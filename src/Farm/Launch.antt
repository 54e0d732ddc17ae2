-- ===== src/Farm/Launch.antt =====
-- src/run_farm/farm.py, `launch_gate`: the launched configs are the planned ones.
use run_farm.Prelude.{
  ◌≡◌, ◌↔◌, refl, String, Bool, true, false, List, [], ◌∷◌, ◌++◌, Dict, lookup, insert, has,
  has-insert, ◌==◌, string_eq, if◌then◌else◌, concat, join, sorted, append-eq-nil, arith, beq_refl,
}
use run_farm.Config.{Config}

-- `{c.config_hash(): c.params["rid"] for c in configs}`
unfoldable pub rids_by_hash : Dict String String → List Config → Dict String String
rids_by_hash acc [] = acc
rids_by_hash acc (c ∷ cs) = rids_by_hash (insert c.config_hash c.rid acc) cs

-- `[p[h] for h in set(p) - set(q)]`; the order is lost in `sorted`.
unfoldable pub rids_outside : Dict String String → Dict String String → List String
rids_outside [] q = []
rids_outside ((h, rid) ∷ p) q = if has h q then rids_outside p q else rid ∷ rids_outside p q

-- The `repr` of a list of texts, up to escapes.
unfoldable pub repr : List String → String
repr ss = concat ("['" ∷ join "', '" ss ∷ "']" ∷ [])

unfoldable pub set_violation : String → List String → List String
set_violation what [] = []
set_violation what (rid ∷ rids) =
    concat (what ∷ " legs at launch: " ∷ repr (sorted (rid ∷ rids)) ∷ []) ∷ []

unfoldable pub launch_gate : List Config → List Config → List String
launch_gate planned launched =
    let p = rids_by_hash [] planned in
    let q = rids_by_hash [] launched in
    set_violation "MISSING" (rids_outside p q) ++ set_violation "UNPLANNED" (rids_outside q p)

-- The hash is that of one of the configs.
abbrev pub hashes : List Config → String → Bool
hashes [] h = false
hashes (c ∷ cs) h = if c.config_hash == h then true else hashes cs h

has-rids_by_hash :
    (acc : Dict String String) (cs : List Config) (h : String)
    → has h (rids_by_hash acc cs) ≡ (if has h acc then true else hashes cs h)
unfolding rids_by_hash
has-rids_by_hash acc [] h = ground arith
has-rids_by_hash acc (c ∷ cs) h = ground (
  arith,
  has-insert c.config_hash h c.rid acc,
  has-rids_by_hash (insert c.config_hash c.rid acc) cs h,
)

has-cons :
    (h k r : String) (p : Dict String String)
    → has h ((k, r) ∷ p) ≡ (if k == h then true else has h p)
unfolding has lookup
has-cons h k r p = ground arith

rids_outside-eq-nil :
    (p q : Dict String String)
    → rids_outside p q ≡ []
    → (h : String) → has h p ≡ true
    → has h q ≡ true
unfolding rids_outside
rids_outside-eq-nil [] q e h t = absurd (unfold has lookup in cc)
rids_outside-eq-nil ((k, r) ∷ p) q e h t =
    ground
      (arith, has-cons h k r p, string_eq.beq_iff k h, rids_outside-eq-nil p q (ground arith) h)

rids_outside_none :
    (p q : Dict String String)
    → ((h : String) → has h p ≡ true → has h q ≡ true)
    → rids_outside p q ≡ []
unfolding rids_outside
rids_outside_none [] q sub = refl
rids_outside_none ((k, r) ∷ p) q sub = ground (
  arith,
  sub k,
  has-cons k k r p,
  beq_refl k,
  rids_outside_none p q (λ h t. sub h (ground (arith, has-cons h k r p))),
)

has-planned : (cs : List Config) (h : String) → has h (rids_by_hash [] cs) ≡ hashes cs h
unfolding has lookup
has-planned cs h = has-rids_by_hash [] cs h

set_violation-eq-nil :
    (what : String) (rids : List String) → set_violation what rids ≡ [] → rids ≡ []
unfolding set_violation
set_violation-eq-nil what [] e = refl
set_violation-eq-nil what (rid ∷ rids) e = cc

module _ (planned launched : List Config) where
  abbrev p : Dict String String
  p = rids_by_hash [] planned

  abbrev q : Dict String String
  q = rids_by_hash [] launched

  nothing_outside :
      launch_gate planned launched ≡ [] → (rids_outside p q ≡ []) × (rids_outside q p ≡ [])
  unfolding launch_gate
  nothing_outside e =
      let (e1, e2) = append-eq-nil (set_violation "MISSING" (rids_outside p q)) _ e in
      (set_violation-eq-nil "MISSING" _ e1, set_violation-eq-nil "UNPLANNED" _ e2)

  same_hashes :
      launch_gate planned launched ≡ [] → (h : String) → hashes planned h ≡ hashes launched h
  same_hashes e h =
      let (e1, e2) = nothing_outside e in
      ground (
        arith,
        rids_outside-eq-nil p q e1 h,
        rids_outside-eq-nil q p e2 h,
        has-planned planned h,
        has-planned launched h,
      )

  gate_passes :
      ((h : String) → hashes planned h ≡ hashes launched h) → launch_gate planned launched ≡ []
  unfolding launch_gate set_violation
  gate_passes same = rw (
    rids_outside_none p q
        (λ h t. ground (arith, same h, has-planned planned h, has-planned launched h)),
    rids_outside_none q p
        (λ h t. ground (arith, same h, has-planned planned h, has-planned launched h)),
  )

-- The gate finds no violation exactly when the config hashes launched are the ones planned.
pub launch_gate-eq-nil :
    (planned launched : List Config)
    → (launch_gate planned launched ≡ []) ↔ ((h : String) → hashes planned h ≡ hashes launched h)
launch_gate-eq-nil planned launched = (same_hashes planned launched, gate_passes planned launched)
:::::
### What to work on
Reproduce the data. Match each line exactly.

### Result of this exercise
filename src/Farm/Launch.antt
repository 54e0d732ddc17ae2
-- ===== src/Farm/Launch.antt =====
-- src/run_farm/farm.py, `launch_gate`: the launched configs are the planned ones.
use run_farm.Prelude.{
  ◌≡◌, ◌↔◌, refl, String, Bool, true, false, List, [], ◌∷◌, ◌++◌, Dict, lookup, insert, has,
  has-insert, ◌==◌, string_eq, if◌then◌else◌, concat, join, sorted, append-eq-nil, arith, beq_refl,
}
use run_farm.Config.{Config}

-- `{c.config_hash(): c.params["rid"] for c in configs}`
unfoldable pub rids_by_hash : Dict String String → List Config → Dict String String
rids_by_hash acc [] = acc
rids_by_hash acc (c ∷ cs) = rids_by_hash (insert c.config_hash c.rid acc) cs

-- `[p[h] for h in set(p) - set(q)]`; the order is lost in `sorted`.
unfoldable pub rids_outside : Dict String String → Dict String String → List String
rids_outside [] q = []
rids_outside ((h, rid) ∷ p) q = if has h q then rids_outside p q else rid ∷ rids_outside p q

-- The `repr` of a list of texts, up to escapes.
unfoldable pub repr : List String → String
repr ss = concat ("['" ∷ join "', '" ss ∷ "']" ∷ [])

unfoldable pub set_violation : String → List String → List String
set_violation what [] = []
set_violation what (rid ∷ rids) =
    concat (what ∷ " legs at launch: " ∷ repr (sorted (rid ∷ rids)) ∷ []) ∷ []

unfoldable pub launch_gate : List Config → List Config → List String
launch_gate planned launched =
    let p = rids_by_hash [] planned in
    let q = rids_by_hash [] launched in
    set_violation "MISSING" (rids_outside p q) ++ set_violation "UNPLANNED" (rids_outside q p)

-- The hash is that of one of the configs.
abbrev pub hashes : List Config → String → Bool
hashes [] h = false
hashes (c ∷ cs) h = if c.config_hash == h then true else hashes cs h

has-rids_by_hash :
    (acc : Dict String String) (cs : List Config) (h : String)
    → has h (rids_by_hash acc cs) ≡ (if has h acc then true else hashes cs h)
unfolding rids_by_hash
has-rids_by_hash acc [] h = ground arith
has-rids_by_hash acc (c ∷ cs) h = ground (
  arith,
  has-insert c.config_hash h c.rid acc,
  has-rids_by_hash (insert c.config_hash c.rid acc) cs h,
)

has-cons :
    (h k r : String) (p : Dict String String)
    → has h ((k, r) ∷ p) ≡ (if k == h then true else has h p)
unfolding has lookup
has-cons h k r p = ground arith

rids_outside-eq-nil :
    (p q : Dict String String)
    → rids_outside p q ≡ []
    → (h : String) → has h p ≡ true
    → has h q ≡ true
unfolding rids_outside
rids_outside-eq-nil [] q e h t = absurd (unfold has lookup in cc)
rids_outside-eq-nil ((k, r) ∷ p) q e h t =
    ground
      (arith, has-cons h k r p, string_eq.beq_iff k h, rids_outside-eq-nil p q (ground arith) h)

rids_outside_none :
    (p q : Dict String String)
    → ((h : String) → has h p ≡ true → has h q ≡ true)
    → rids_outside p q ≡ []
unfolding rids_outside
rids_outside_none [] q sub = refl
rids_outside_none ((k, r) ∷ p) q sub = ground (
  arith,
  sub k,
  has-cons k k r p,
  beq_refl k,
  rids_outside_none p q (λ h t. sub h (ground (arith, has-cons h k r p))),
)

has-planned : (cs : List Config) (h : String) → has h (rids_by_hash [] cs) ≡ hashes cs h
unfolding has lookup
has-planned cs h = has-rids_by_hash [] cs h

set_violation-eq-nil :
    (what : String) (rids : List String) → set_violation what rids ≡ [] → rids ≡ []
unfolding set_violation
set_violation-eq-nil what [] e = refl
set_violation-eq-nil what (rid ∷ rids) e = cc

module _ (planned launched : List Config) where
  abbrev p : Dict String String
  p = rids_by_hash [] planned

  abbrev q : Dict String String
  q = rids_by_hash [] launched

  nothing_outside :
      launch_gate planned launched ≡ [] → (rids_outside p q ≡ []) × (rids_outside q p ≡ [])
  unfolding launch_gate
  nothing_outside e =
      let (e1, e2) = append-eq-nil (set_violation "MISSING" (rids_outside p q)) _ e in
      (set_violation-eq-nil "MISSING" _ e1, set_violation-eq-nil "UNPLANNED" _ e2)

  same_hashes :
      launch_gate planned launched ≡ [] → (h : String) → hashes planned h ≡ hashes launched h
  same_hashes e h =
      let (e1, e2) = nothing_outside e in
      ground (
        arith,
        rids_outside-eq-nil p q e1 h,
        rids_outside-eq-nil q p e2 h,
        has-planned planned h,
        has-planned launched h,
      )

  gate_passes :
      ((h : String) → hashes planned h ≡ hashes launched h) → launch_gate planned launched ≡ []
  unfolding launch_gate set_violation
  gate_passes same = rw (
    rids_outside_none p q
        (λ h t. ground (arith, same h, has-planned planned h, has-planned launched h)),
    rids_outside_none q p
        (λ h t. ground (arith, same h, has-planned planned h, has-planned launched h)),
  )

-- The gate finds no violation exactly when the config hashes launched are the ones planned.
pub launch_gate-eq-nil :
    (planned launched : List Config)
    → (launch_gate planned launched ≡ []) ↔ ((h : String) → hashes planned h ≡ hashes launched h)
launch_gate-eq-nil planned launched = (same_hashes planned launched, gate_passes planned launched)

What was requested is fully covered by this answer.